In using digital cameras to allow for capture of images under extreme light conditions, Gersht questions photography’s very ability as a medium to convey a singular truth or story. His digital process—which presents documentation of assumed and exact locations—allows for questioning the veracity of light and color. By extension, viewers may interpret the “history” of such locations. Thus undermined are defined relationships engaged by photography. Such an understanding of film’s chemical and physical limitations, allows Gersht to more fully push the envelope in terms of the medium’s resonance. What results is Gersht’s highly dimensional vehicle portraying meaning through time, light, and other phenomena—and exposing human memory’s capacity and limitations.

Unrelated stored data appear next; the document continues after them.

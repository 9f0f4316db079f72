-- ===== src/Actions/Persistence.antt =====
-- `ActionEventPersistenceService` of src/reality_layer/actions/persistence.py, over
-- `ActionEventRepository` of src/reality_layer/db/repositories.py.
use agents_reality_layer.Prelude.{
  string_eq, String, Bool, ◌&&◌, Option, none, some, List, [], ◌∷◌, map, ◌≡◌, refl, ◌==◌, beq_refl,
  arith, inl, inr, Option-cases, Bool-cases, if◌then◌else◌, subst, ap,
}
use mathlib.Core.List.{Perm}
use mathlib.Core.List.Perm
use agents_reality_layer.Dict
use agents_reality_layer.Json.{Platform, str, py_str}
use agents_reality_layer.Actions.Events.{ActionEventRecord}
use agents_reality_layer.Database.{Sql, Db, first, ActionEvent}
use agents_reality_layer.Database.Laws.{IsSql}

abbrev pub event_row : ActionEventRecord → ActionEvent
event_row e = record {
  tenant_id = e.tenant_id;
  event_id = e.event_id;
  action_id = e.action_id;
  event_type = e.event_type;
  schema_version = "actions/1.0.0";
  actor = ("type", str "role") ∷ ("id", str e.actor_role) ∷ [];
  correlation_id = e.action_id;
  payload = e.payload;
  evidence_refs = [];
  previous_event_hash = e.previous_event_hash;
  event_hash = e.event_hash;
}

-- `str(row.actor.get("id", "system"))`
unfoldable pub role_of : Platform → ActionEvent → String
role_of py row = elim (Dict.get row.actor "id") [ none ↦ "system" | some v ↦ py_str py v ]

abbrev pub event_of_row : Platform → ActionEvent → ActionEventRecord
event_of_row py row = record {
  event_id = row.event_id;
  tenant_id = row.tenant_id;
  action_id = row.action_id;
  event_type = row.event_type;
  actor_role = role_of py row;
  payload = row.payload;
  previous_event_hash = row.previous_event_hash;
  event_hash = row.event_hash;
}

abbrev pub is_event : String → String → ActionEvent → Bool
is_event tenant_id event_id row = row.tenant_id == tenant_id && row.event_id == event_id

module _ (sql : Sql) where
  -- `session.get(ActionEvent, (tenant_id, event_id))`
  abbrev pub get_event : Db sql → String → String → Option ActionEvent
  get_event db tenant_id event_id = first (sql.select db.events (is_event tenant_id event_id))

  -- `persist`
  unfoldable pub persist_event : Db sql → ActionEventRecord → Db sql
  persist_event db e = elim (get_event db e.tenant_id e.event_id) [
    | some _ ↦ db
    | none ↦ record db { events = sql.insert db.events (event_row e) }
  ]

  abbrev pub persist_all : Db sql → List ActionEventRecord → Db sql
  persist_all db [] = db
  persist_all db (e ∷ events) = persist_all (persist_event db e) events

  -- `list_for_action`; the query names no order
  unfoldable pub events_for_action : Platform → Db sql → String → String → List ActionEventRecord
  events_for_action py db tenant_id action_id =
      map (event_of_row py)
        (sql.select db.events (λ row. row.tenant_id == tenant_id && row.action_id == action_id))

  -- `list_for_tenant`; the query names no order
  unfoldable pub events_for_tenant : Platform → Db sql → String → List ActionEventRecord
  events_for_tenant py db tenant_id =
      map (event_of_row py) (sql.select db.events (λ row. row.tenant_id == tenant_id))

  module _ (laws : IsSql sql) where
    pub get_event-persist_event :
        (db : Db sql) (e : ActionEventRecord)
        → (row : ActionEvent) × (get_event (persist_event db e) e.tenant_id e.event_id ≡ some row)
    unfolding persist_event
    get_event-persist_event db e = elim (Option-cases (get_event db e.tenant_id e.event_id)) [
      | inr (row, h) ↦ rw (h, persist_event) (row, h)
      | inl h ↦
          rw (h, persist_event)
            (
              event_row e,
              ap first (
                  laws.select-insert_only db.events (event_row e) (is_event e.tenant_id e.event_id)
                    (ground (arith, beq_refl e.tenant_id, beq_refl e.event_id))
                    (none_selected (sql.select db.events (is_event e.tenant_id e.event_id)) h)),
            )
    ]
      where
        none_selected : {A : Type 0} (rows : List A) → first rows ≡ none → rows ≡ []
        none_selected [] h = refl
        none_selected (r ∷ rows) h = cc

    -- Persisting an event again, or another one under its key, changes nothing.
    pub persist_event_twice :
        (db : Db sql) (e again : ActionEventRecord)
        → again.tenant_id ≡ e.tenant_id
        → again.event_id ≡ e.event_id
        → persist_event (persist_event db e) again ≡ persist_event db e
    unfolding persist_event
    persist_event_twice db e again p q =
        let (row, h) = get_event-persist_event db e in rw (p, q, h, persist_event) refl

-- the columns of an event give the event back
event_of_row-event_row : (py : Platform) (e : ActionEventRecord) → event_of_row py (event_row e) ≡ e
unfolding role_of Dict.get
event_of_row-event_row py e = refl

module _ (sql : Sql) (laws : IsSql sql) (py : Platform) where
  -- a query after an insert, read back
  insert-listed :
      (db : Db sql) (e : ActionEventRecord) (p : ActionEvent → Bool)
      → Perm (map (event_of_row py) (sql.select (sql.insert db.events (event_row e)) p)) (
          if p (event_row e)
          then e ∷ map (event_of_row py) (sql.select db.events p)
          else map (event_of_row py) (sql.select db.events p))
  insert-listed db e p = elim (Bool-cases (p (event_row e))) [
    | inl h ↦ rw h (
        subst
          (λ x.
            Perm (map (event_of_row py) (sql.select (sql.insert db.events (event_row e)) p))
              (x ∷ map (event_of_row py) (sql.select db.events p)))
          (event_of_row-event_row py e)
          (Perm.map (event_of_row py) (laws.select-insert_hit db.events (event_row e) p h)))
    | inr h ↦ rw (h, laws.select-insert_miss db.events (event_row e) p h) (Perm.refl _)
  ]

  -- Persisting an event under a new key, and reading the events of an action and those of a tenant
  -- back: the event is added, as it is, to the lists of its action and its tenant, in any order,
  -- and the lists of the others stay as they were.
  pub persist_event-listed :
      (db : Db sql) (e : ActionEventRecord) (t i : String)
      → get_event sql db e.tenant_id e.event_id ≡ none
      → Perm (events_for_action sql py (persist_event sql db e) t i) (
          if e.tenant_id == t && e.action_id == i
          then e ∷ events_for_action sql py db t i
          else events_for_action sql py db t i)
        × Perm (events_for_tenant sql py (persist_event sql db e) t) (
            if e.tenant_id == t
            then e ∷ events_for_tenant sql py db t
            else events_for_tenant sql py db t)
  unfolding persist_event events_for_action events_for_tenant
  persist_event-listed db e t i new =
      rw (new, persist_event)
        (
          insert-listed db e (λ row. row.tenant_id == t && row.action_id == i),
          insert-listed db e (λ row. row.tenant_id == t),
        )
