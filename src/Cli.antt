-- ===== src/Cli.antt =====
-- cmd/copyfail-validate: the command line, the filters, the exit codes, and the run that ties the
-- parts together.
pub mod Exit
pub mod Filter
pub mod Flags
pub mod Main
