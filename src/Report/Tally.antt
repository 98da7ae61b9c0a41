-- ===== src/Report/Tally.antt =====
-- NewSummary of report/report.go: the tally that the exit code is computed from.
use copyfail_validation.Base.{
  ℕ, ◌+◌, List, [], ◌∷◌, Bool, true, false, ◌&&◌, ◌≡◌, arith, length, keep, if◌then◌else◌,
}
use copyfail_validation.Report.{
  State, pass, fail, skip, error, is_required, Result, Bucket, Summary,
}

-- The switch on the state, and the one on the state of a required result.
unfoldable pub count_state : State → Summary → Summary
count_state pass s = record s { pass = s.pass + 1 }
count_state fail s = record s { fail = s.fail + 1 }
count_state skip s = record s { skip = s.skip + 1 }
count_state error s = record s { error = s.error + 1 }
count_state (State.other t) s = s

unfoldable pub count_required : State → Bucket → Bucket
count_required pass b = record b { pass = b.pass + 1 }
count_required fail b = record b { fail = b.fail + 1 }
count_required error b = record b { error = b.error + 1 }
count_required _ b = b

-- The body of the loop.
unfoldable pub tally : Summary → Result → Summary
unfolding count_state count_required is_required
tally s r =
    let t = count_state r.state s in
    if is_required r.severity then record t { required = count_required r.state t.required } else t

unfoldable pub tally_all : Summary → List Result → Summary
unfolding tally
tally_all s [] = s
tally_all s (r ∷ rs) = tally_all (tally s r) rs

abbrev start : ℕ → Summary
start n = record {
  total = n;
  pass = 0;
  fail = 0;
  skip = 0;
  error = 0;
  required = record { pass = 0; fail = 0; error = 0 };
}

unfoldable pub new_summary : List Result → Summary
unfolding tally_all
new_summary rs = tally_all (start (length rs)) rs

-- The results that pass a test, counted.
abbrev pub count : (Result → Bool) → List Result → ℕ
count p rs = length (keep p rs)

abbrev pub is_pass : State → Bool
is_pass pass = true
is_pass _ = false

abbrev pub is_fail : State → Bool
is_fail fail = true
is_fail _ = false

abbrev pub is_skip : State → Bool
is_skip skip = true
is_skip _ = false

abbrev pub is_error : State → Bool
is_error error = true
is_error _ = false

-- Each field is the number of results of its kind.
pub record Counts (rs : List Result) (s : Summary) : Type 0 where
  pub total : s.total ≡ length rs
  pub pass : s.pass ≡ count (λ r. is_pass r.state) rs
  pub fail : s.fail ≡ count (λ r. is_fail r.state) rs
  pub skip : s.skip ≡ count (λ r. is_skip r.state) rs
  pub error : s.error ≡ count (λ r. is_error r.state) rs
  pub required_pass : s.required.pass ≡ count (λ r. is_required r.severity && is_pass r.state) rs
  pub required_fail : s.required.fail ≡ count (λ r. is_required r.severity && is_fail r.state) rs
  pub required_error : s.required.error ≡ count (λ r. is_required r.severity && is_error r.state) rs

-- What the loop adds to the fields of `s`.
record Adds (s : Summary) (rs : List Result) (t : Summary) : Type 0 where
  total : t.total ≡ s.total
  pass : t.pass ≡ s.pass + count (λ r. is_pass r.state) rs
  fail : t.fail ≡ s.fail + count (λ r. is_fail r.state) rs
  skip : t.skip ≡ s.skip + count (λ r. is_skip r.state) rs
  error : t.error ≡ s.error + count (λ r. is_error r.state) rs
  required_pass :
      t.required.pass ≡ s.required.pass + count (λ r. is_required r.severity && is_pass r.state) rs
  required_fail :
      t.required.fail ≡ s.required.fail + count (λ r. is_required r.severity && is_fail r.state) rs
  required_error :
      t.required.error
      ≡ s.required.error + count (λ r. is_required r.severity && is_error r.state) rs

tally_all-Adds : (s : Summary) (rs : List Result) → Adds s rs (tally_all s rs)
unfolding tally_all
tally_all-Adds s [] = ground arith
tally_all-Adds s (r ∷ rs) = ground (arith, tally_all-Adds (tally s r) rs)

-- Every field of the summary is the number of results of its kind: all results, those in each of
-- the four states, and the required ones that passed, failed or ended in an error.
pub new_summary-Counts : (rs : List Result) → Counts rs (new_summary rs)
unfolding new_summary
new_summary-Counts rs = omega (arith, tally_all-Adds (start (length rs)) rs)
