-- ===== src/Cli/Exit.antt =====
-- cmd/copyfail-validate/exit.go, and signalExitCode of main.go: the exit codes.
use copyfail_validation.Base.{
  ℕ, List, [], ◌∷◌, Bool, true, false, ◌&&◌, Option, none, some, ltb, if◌then◌else◌, ◌≡◌, arith,
  refl, Bool-cases, inl, inr,
}
use copyfail_validation.Errors.{Error, canceled, is}
use copyfail_validation.Report.{Result, Report, is_required}
use copyfail_validation.Report.Tally.{new_summary, new_summary-Counts, is_fail, is_error, count}

abbrev pub exit_ok : ℕ
exit_ok = 0

abbrev pub exit_mitigation_gap : ℕ
exit_mitigation_gap = 2

abbrev pub exit_tool_error : ℕ
exit_tool_error = 3

abbrev pub exit_check_error : ℕ
exit_check_error = 4

abbrev pub exit_usage : ℕ
exit_usage = 64

abbrev pub exit_interrupted : ℕ
exit_interrupted = 130

abbrev pub exit_terminated : ℕ
exit_terminated = 143

unfoldable pub compute_exit : Report → ℕ
compute_exit rep =
    if ltb 0 rep.summary.required.fail
    then exit_mitigation_gap
    else if ltb 0 rep.summary.required.error
    then exit_check_error
    else exit_ok

-- What ctx.Err returns, and the code for it; 0 stands for no signal.
unfoldable pub signal_exit_code : Option Error → ℕ
unfolding is
signal_exit_code none = 0
signal_exit_code (some e) = if is e canceled then exit_terminated else 0

-- Some result of the list passes the test.
abbrev pub any : (Result → Bool) → List Result → Bool
any p [] = false
any p (r ∷ rs) = if p r then true else any p rs

abbrev pub is_gap : Result → Bool
is_gap r = is_required r.severity && is_fail r.state

abbrev pub is_unknown : Result → Bool
is_unknown r = is_required r.severity && is_error r.state

any-count : (p : Result → Bool) (rs : List Result) → ltb 0 (count p rs) ≡ any p rs
any-count p [] = refl
any-count p (r ∷ rs) = elim (Bool-cases (p r)) [
  | inl t ↦ ground (arith, t)
  | inr f ↦ rw f (any-count p rs)
]

-- For a report whose summary is that of its results, the exit code is 2 if a required result is a
-- failure; otherwise 4 if a required result is an error; and 0 in every other case. Results that are
-- not required, and required ones that pass or are skipped, do not count.
pub compute_exit-results :
    (rep : Report)
    → rep.summary ≡ new_summary rep.results
    → compute_exit rep ≡ (
        if any is_gap rep.results
        then exit_mitigation_gap
        else if any is_unknown rep.results
        then exit_check_error
        else exit_ok)
unfolding compute_exit
compute_exit-results rep h =
    let counts = new_summary-Counts rep.results in
    rw
      (
        h,
        counts.required_fail,
        counts.required_error,
        any-count is_gap rep.results,
        any-count is_unknown rep.results,
      )
      refl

Unlike previous series focusing on geographic journeys (Walter Benjamin’s following the Lister Route in Gersht’s “Evaders” of 2009 or “The Forest” of 2006, in which Gersht’s family found an unlikely refuge from annihilation during the Holocaust in the Ukraine), “Falling Petals” offers imagery conveying past and present without a specific and linear narrative. Gersht’s photographic process—in this case—implies passage of time without providing starting or end points in what he depicts. [In “The Forest,” the camera panned a lush, primeval forest. Shot deep in the Moskalova woods spanning Poland and the Ukraine, sound alternated with silence and suddenly a tree fell to the ground with a thunderous echo. Gersht’s departure point in doing that work came out of the adage: “If a tree falls in a forest, and there is no one there to hear it, does it make a sound?” Yet a host of other existential questions emerged.]
Additionally, this show will debut Gersht’s new film “Will You Dance for Me” (2011). The film opens to a close-up of an old and fragile woman in a rocking chair moving backward and forward meditatively—drifting in and out of focus. Slowly this woman—Yehudit Arnon—fades completely out of the dark scene as snow falls from the sky. Eventually, the rhythmic falling of snow and the rocking chair give way to a virginal, white landscape.
Arnon—a native of Komarno (Slovakia) and veteran of Hashomer Hatzair—was an inmate in the hellish precincts of Auschwitz concentration camp. During her confinement there—at the age of 19—she was ordered to dance at the Christmas party of an SS officer. When Arnon refused, her punishment was to stand barefoot in the snow all night. At that point, Arnon resolved to dedicate herself to dance should she survive the ordeal. Upon her release, Arnon moved to Budapest and began study with Hungarian dancer Irena Dückstein (and disciple of noted German choreographer Kurt Jooss). In 1948, Arnon and her husband emigrated to Israel and settled at Kibbutz Ga’aton in the Western Galilee, where she still lives with her family. In 1962, Arnon created the Kibbutz Contemporary Dance Company, which drew emerging talent from around Israel (such as Hedda Oren, Oshra Elkayam, Ya’acov Sharir, Flora Cushman, and the acclaimed Rami Be'er) and toured throughout Israel, the United States, Europe, and the Far East. In the following decades, she attained international recognition in the arts—culminating in 1997, when she received the “Distinguished Artist Award” of the International Society for the Performing Arts in recognition of her contributions to the dance world.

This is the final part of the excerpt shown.